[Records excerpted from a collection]
....

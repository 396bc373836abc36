-- ===== src/Application/Allocation/Progress.antt =====
-- AllocateOnce hands out a task that can be assigned.
use kitchen_ops.Base.{
  ℕ, ◌+◌, ◌-◌, ◌<◌, ◌≡◌, ◌≢◌, refl, sym, subst, ap, ◌∙◌, false, ◌&&◌, not, ◌==◌, ==_iff, Option,
  none, some, List, [], ◌∷◌, Bytes, where_, Bool-cases, inl, inr, arith, find-holds,
}
use kitchen_ops.Base.Decimal.{u64_mod, format_uint, parse_uint, parse_uint-format_uint}
use kitchen_ops.Models.{TaskModel}
use kitchen_ops.Runtime.{Services, Kitchen, Result, ok, err, transaction, call, on_tx}
use kitchen_ops.Runtime.Success.{OnDone, OnDone-map, bind_OnDone, transaction_done}
use kitchen_ops.Repository.Lifecycle.{
  is_expired, expired_tasks, requeue_all, requeue_body, requeue_expired_assigned_tasks,
}
use kitchen_ops.Application.Scores.{assign_ttl, pop_top_n}
use kitchen_ops.Application.Allocation.{
  assign_task, put_back, settle, try_assign, assign_each, enqueue_requeued, requeue_expired,
  allocate_once,
}
use kitchen_ops.Application.Allocation.Success.{CanBeAssigned, IsAssignedTo, assign_task_done}

module _ {F Q : Type 0} (w : Services F Q) where
  abbrev Is : ℕ → ℕ → Kitchen F Q → Type 0
  Is first a s = a ≡ first

  settle_keeps :
      (task_id first : ℕ) (r : Result ℕ) (s : Kitchen F Q)
      → first ≢ 0
      → OnDone (Is first) (settle w task_id first r s)
  unfolding settle put_back
  settle_keeps task_id first (ok a) s positive = elim (Bool-cases (first == 0)) [
    | inl zero_id ↦ absurd (positive ((==_iff first 0).0 zero_id))
    | inr other ↦ rw other refl
  ]
  settle_keeps task_id first (err e) s positive = refl

  try_assign_keeps :
      (now first : ℕ) (o : Option ℕ) (s : Kitchen F Q)
      → first ≢ 0
      → OnDone (Is first) (try_assign w now first o s)
  unfolding try_assign
  try_assign_keeps now first none s positive = refl
  try_assign_keeps now first (some task_id) s positive =
      settle_keeps task_id first (transaction w (assign_task w now task_id) s).0 _ positive

  -- Once a task is assigned, the rest of the loop keeps its id, whatever happens.
  assign_each_keeps :
      (now : ℕ) (ids : List Bytes) (first : ℕ) (s : Kitchen F Q)
      → first ≢ 0
      → OnDone (Is first) (assign_each w now first ids s)
  unfolding assign_each
  assign_each_keeps now [] first s positive = refl
  assign_each_keeps now (raw ∷ ids) first s positive =
      bind_OnDone (Is first) (Is first) (try_assign w now first (parse_uint raw) s)
        (λ f. assign_each w now f ids) (try_assign_keeps now first (parse_uint raw) s positive)
        λ f t e.
          subst (λ n. OnDone (Is first) (assign_each w now n ids t)) (sym e)
            (assign_each_keeps now ids first t positive)

module _ {F Q : Type 0} (w : Services F Q) (quiet : (n : ℕ) → w.fails n ≡ none) where
  -- The transaction assigns the task.
  transaction_assigns :
      (now task_id : ℕ) (task : TaskModel F) (s : Kitchen F Q)
      → CanBeAssigned w now task_id task s.db
      → OnDone (λ id t. id ≡ task_id) (transaction w (assign_task w now task_id) s)
  transaction_assigns now task_id task s ready =
      transaction_done w quiet (λ id db. id ≡ task_id) (assign_task w now task_id) s
        λ s' same open_tx.
          OnDone-map (IsAssignedTo now task) _ (assign_task w now task_id s')
            (assign_task_done w quiet now task_id task s' open_tx
              (subst (CanBeAssigned w now task_id task) (sym same) ready))
            λ id t h. (h.0, h.1.0 ∙ id_of)
    where
      id_of : task.id ≡ task_id
      id_of = let passed = find-holds _ s.db.tasks task (ready.waits 0) in ground arith

  try_assign_done :
      (now task_id : ℕ) (task : TaskModel F) (s : Kitchen F Q)
      → CanBeAssigned w now task_id task s.db
      → OnDone (λ id t. id ≡ task_id) (try_assign w now 0 (some task_id) s)
  unfolding try_assign settle
  try_assign_done now task_id task s ready =
      go (transaction w (assign_task w now task_id) s)
        (transaction_assigns now task_id task s ready)
    where
      go :
          (r : Result ℕ × Kitchen F Q)
          → OnDone (λ id t. id ≡ task_id) r
          → OnDone (λ id t. id ≡ task_id) (settle w task_id 0 r.0 r.1)
      go (ok a, t) e = e
      go (err e, t) h = absurd h

  -- No assignment has expired: the requeue does nothing.
  requeue_nothing :
      (now : ℕ) (s : Kitchen F Q)
      → ((n : ℕ)
          → where_ (λ t. is_expired (now - assign_ttl) t && not (w.locked n t.id)) s.db.tasks ≡ [])
      → requeue_expired w now s ≡ (ok tt, record s { calls = s.calls + 1 + 1 + 1; aborted = false })
  unfolding requeue_expired requeue_expired_assigned_tasks requeue_body expired_tasks requeue_all
      enqueue_requeued transaction call on_tx
  requeue_nothing now s fresh =
      rw (quiet s.calls, quiet (s.calls + 1), fresh (s.calls + 1 + 1), quiet (s.calls + 1 + 1)) refl

  allocate_once_from :
      (now task_id : ℕ) (rest : List Bytes) (task : TaskModel F) (s : Kitchen F Q)
      → task_id < u64_mod
      → task_id ≢ 0
      → CanBeAssigned w now task_id task s.db
      → OnDone (λ id t. id ≡ task_id) (assign_each w now 0 (format_uint task_id ∷ rest) s)
  unfolding assign_each
  allocate_once_from now task_id rest task s small positive ready =
      rw (parse_uint-format_uint task_id small) (
        bind_OnDone (λ id t. id ≡ task_id) (λ id t. id ≡ task_id)
          (try_assign w now 0 (some task_id) s) (λ first. assign_each w now first rest)
          (try_assign_done now task_id task s ready)
          λ first t e.
            subst (λ n. OnDone (λ id t. id ≡ task_id) (assign_each w now n rest t)) (sym e)
              (assign_each_keeps w now rest task_id t positive))

  result_of : (r : Result ℕ × Kitchen F Q) (id : ℕ) → OnDone (λ a t. a ≡ id) r → r.0 ≡ ok id
  result_of (ok a, t) id e = ap ok e
  result_of (err e, t) id h = absurd h

  -- If no call fails and no assignment has expired, AllocateOnce returns the first task that it pops
  -- if this task can be assigned: ids are a primary key, the task is unassigned and waits for
  -- nothing, its counter and its machine have room, a staff member of the counter is available, and
  -- no other transaction holds the task's or the machine's row. The id is not 0 and has 64 bits.
  pub allocate_once_assigns :
      (task_id : ℕ) (rest : List Bytes) (task : TaskModel F) (s : Kitchen F Q)
      → task_id < u64_mod
      → task_id ≢ 0
      → CanBeAssigned w (w.clock s.calls) task_id task s.db
      → ((n : ℕ)
          → where_
              (λ t. is_expired (w.clock s.calls - assign_ttl) t && not (w.locked n t.id))
              s.db.tasks
            ≡ [])
      → (w.pop_top_n 20 s.queue).0 ≡ format_uint task_id ∷ rest
      → (allocate_once w s).0 ≡ ok task_id
  unfolding allocate_once pop_top_n call
  allocate_once_assigns task_id rest task s small positive ready fresh popped =
      rw (requeue_nothing (w.clock s.calls) s fresh, quiet (s.calls + 1 + 1 + 1), popped)
        (result_of _ task_id
          (allocate_once_from (w.clock s.calls) task_id rest task _ small positive ready))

....

## TASK OBJECTIVE
Your reply must be a faithful copy of each entry above.

## EXPECTED OUTPUT
repository 396bc373836abc36
-- ===== src/Application/Allocation/Progress.antt =====
-- AllocateOnce hands out a task that can be assigned.
use kitchen_ops.Base.{
  ℕ, ◌+◌, ◌-◌, ◌<◌, ◌≡◌, ◌≢◌, refl, sym, subst, ap, ◌∙◌, false, ◌&&◌, not, ◌==◌, ==_iff, Option,
  none, some, List, [], ◌∷◌, Bytes, where_, Bool-cases, inl, inr, arith, find-holds,
}
use kitchen_ops.Base.Decimal.{u64_mod, format_uint, parse_uint, parse_uint-format_uint}
use kitchen_ops.Models.{TaskModel}
use kitchen_ops.Runtime.{Services, Kitchen, Result, ok, err, transaction, call, on_tx}
use kitchen_ops.Runtime.Success.{OnDone, OnDone-map, bind_OnDone, transaction_done}
use kitchen_ops.Repository.Lifecycle.{
  is_expired, expired_tasks, requeue_all, requeue_body, requeue_expired_assigned_tasks,
}
use kitchen_ops.Application.Scores.{assign_ttl, pop_top_n}
use kitchen_ops.Application.Allocation.{
  assign_task, put_back, settle, try_assign, assign_each, enqueue_requeued, requeue_expired,
  allocate_once,
}
use kitchen_ops.Application.Allocation.Success.{CanBeAssigned, IsAssignedTo, assign_task_done}

module _ {F Q : Type 0} (w : Services F Q) where
  abbrev Is : ℕ → ℕ → Kitchen F Q → Type 0
  Is first a s = a ≡ first

  settle_keeps :
      (task_id first : ℕ) (r : Result ℕ) (s : Kitchen F Q)
      → first ≢ 0
      → OnDone (Is first) (settle w task_id first r s)
  unfolding settle put_back
  settle_keeps task_id first (ok a) s positive = elim (Bool-cases (first == 0)) [
    | inl zero_id ↦ absurd (positive ((==_iff first 0).0 zero_id))
    | inr other ↦ rw other refl
  ]
  settle_keeps task_id first (err e) s positive = refl

  try_assign_keeps :
      (now first : ℕ) (o : Option ℕ) (s : Kitchen F Q)
      → first ≢ 0
      → OnDone (Is first) (try_assign w now first o s)
  unfolding try_assign
  try_assign_keeps now first none s positive = refl
  try_assign_keeps now first (some task_id) s positive =
      settle_keeps task_id first (transaction w (assign_task w now task_id) s).0 _ positive

  -- Once a task is assigned, the rest of the loop keeps its id, whatever happens.
  assign_each_keeps :
      (now : ℕ) (ids : List Bytes) (first : ℕ) (s : Kitchen F Q)
      → first ≢ 0
      → OnDone (Is first) (assign_each w now first ids s)
  unfolding assign_each
  assign_each_keeps now [] first s positive = refl
  assign_each_keeps now (raw ∷ ids) first s positive =
      bind_OnDone (Is first) (Is first) (try_assign w now first (parse_uint raw) s)
        (λ f. assign_each w now f ids) (try_assign_keeps now first (parse_uint raw) s positive)
        λ f t e.
          subst (λ n. OnDone (Is first) (assign_each w now n ids t)) (sym e)
            (assign_each_keeps now ids first t positive)

module _ {F Q : Type 0} (w : Services F Q) (quiet : (n : ℕ) → w.fails n ≡ none) where
  -- The transaction assigns the task.
  transaction_assigns :
      (now task_id : ℕ) (task : TaskModel F) (s : Kitchen F Q)
      → CanBeAssigned w now task_id task s.db
      → OnDone (λ id t. id ≡ task_id) (transaction w (assign_task w now task_id) s)
  transaction_assigns now task_id task s ready =
      transaction_done w quiet (λ id db. id ≡ task_id) (assign_task w now task_id) s
        λ s' same open_tx.
          OnDone-map (IsAssignedTo now task) _ (assign_task w now task_id s')
            (assign_task_done w quiet now task_id task s' open_tx
              (subst (CanBeAssigned w now task_id task) (sym same) ready))
            λ id t h. (h.0, h.1.0 ∙ id_of)
    where
      id_of : task.id ≡ task_id
      id_of = let passed = find-holds _ s.db.tasks task (ready.waits 0) in ground arith

  try_assign_done :
      (now task_id : ℕ) (task : TaskModel F) (s : Kitchen F Q)
      → CanBeAssigned w now task_id task s.db
      → OnDone (λ id t. id ≡ task_id) (try_assign w now 0 (some task_id) s)
  unfolding try_assign settle
  try_assign_done now task_id task s ready =
      go (transaction w (assign_task w now task_id) s)
        (transaction_assigns now task_id task s ready)
    where
      go :
          (r : Result ℕ × Kitchen F Q)
          → OnDone (λ id t. id ≡ task_id) r
          → OnDone (λ id t. id ≡ task_id) (settle w task_id 0 r.0 r.1)
      go (ok a, t) e = e
      go (err e, t) h = absurd h

  -- No assignment has expired: the requeue does nothing.
  requeue_nothing :
      (now : ℕ) (s : Kitchen F Q)
      → ((n : ℕ)
          → where_ (λ t. is_expired (now - assign_ttl) t && not (w.locked n t.id)) s.db.tasks ≡ [])
      → requeue_expired w now s ≡ (ok tt, record s { calls = s.calls + 1 + 1 + 1; aborted = false })
  unfolding requeue_expired requeue_expired_assigned_tasks requeue_body expired_tasks requeue_all
      enqueue_requeued transaction call on_tx
  requeue_nothing now s fresh =
      rw (quiet s.calls, quiet (s.calls + 1), fresh (s.calls + 1 + 1), quiet (s.calls + 1 + 1)) refl

  allocate_once_from :
      (now task_id : ℕ) (rest : List Bytes) (task : TaskModel F) (s : Kitchen F Q)
      → task_id < u64_mod
      → task_id ≢ 0
      → CanBeAssigned w now task_id task s.db
      → OnDone (λ id t. id ≡ task_id) (assign_each w now 0 (format_uint task_id ∷ rest) s)
  unfolding assign_each
  allocate_once_from now task_id rest task s small positive ready =
      rw (parse_uint-format_uint task_id small) (
        bind_OnDone (λ id t. id ≡ task_id) (λ id t. id ≡ task_id)
          (try_assign w now 0 (some task_id) s) (λ first. assign_each w now first rest)
          (try_assign_done now task_id task s ready)
          λ first t e.
            subst (λ n. OnDone (λ id t. id ≡ task_id) (assign_each w now n rest t)) (sym e)
              (assign_each_keeps w now rest task_id t positive))

  result_of : (r : Result ℕ × Kitchen F Q) (id : ℕ) → OnDone (λ a t. a ≡ id) r → r.0 ≡ ok id
  result_of (ok a, t) id e = ap ok e
  result_of (err e, t) id h = absurd h

  -- If no call fails and no assignment has expired, AllocateOnce returns the first task that it pops
  -- if this task can be assigned: ids are a primary key, the task is unassigned and waits for
  -- nothing, its counter and its machine have room, a staff member of the counter is available, and
  -- no other transaction holds the task's or the machine's row. The id is not 0 and has 64 bits.
  pub allocate_once_assigns :
      (task_id : ℕ) (rest : List Bytes) (task : TaskModel F) (s : Kitchen F Q)
      → task_id < u64_mod
      → task_id ≢ 0
      → CanBeAssigned w (w.clock s.calls) task_id task s.db
      → ((n : ℕ)
          → where_
              (λ t. is_expired (w.clock s.calls - assign_ttl) t && not (w.locked n t.id))
              s.db.tasks
            ≡ [])
      → (w.pop_top_n 20 s.queue).0 ≡ format_uint task_id ∷ rest
      → (allocate_once w s).0 ≡ ok task_id
  unfolding allocate_once pop_top_n call
  allocate_once_assigns task_id rest task s small positive ready fresh popped =
      rw (requeue_nothing (w.clock s.calls) s fresh, quiet (s.calls + 1 + 1 + 1), popped)
        (result_of _ task_id
          (allocate_once_from (w.clock s.calls) task_id rest task _ small positive ready))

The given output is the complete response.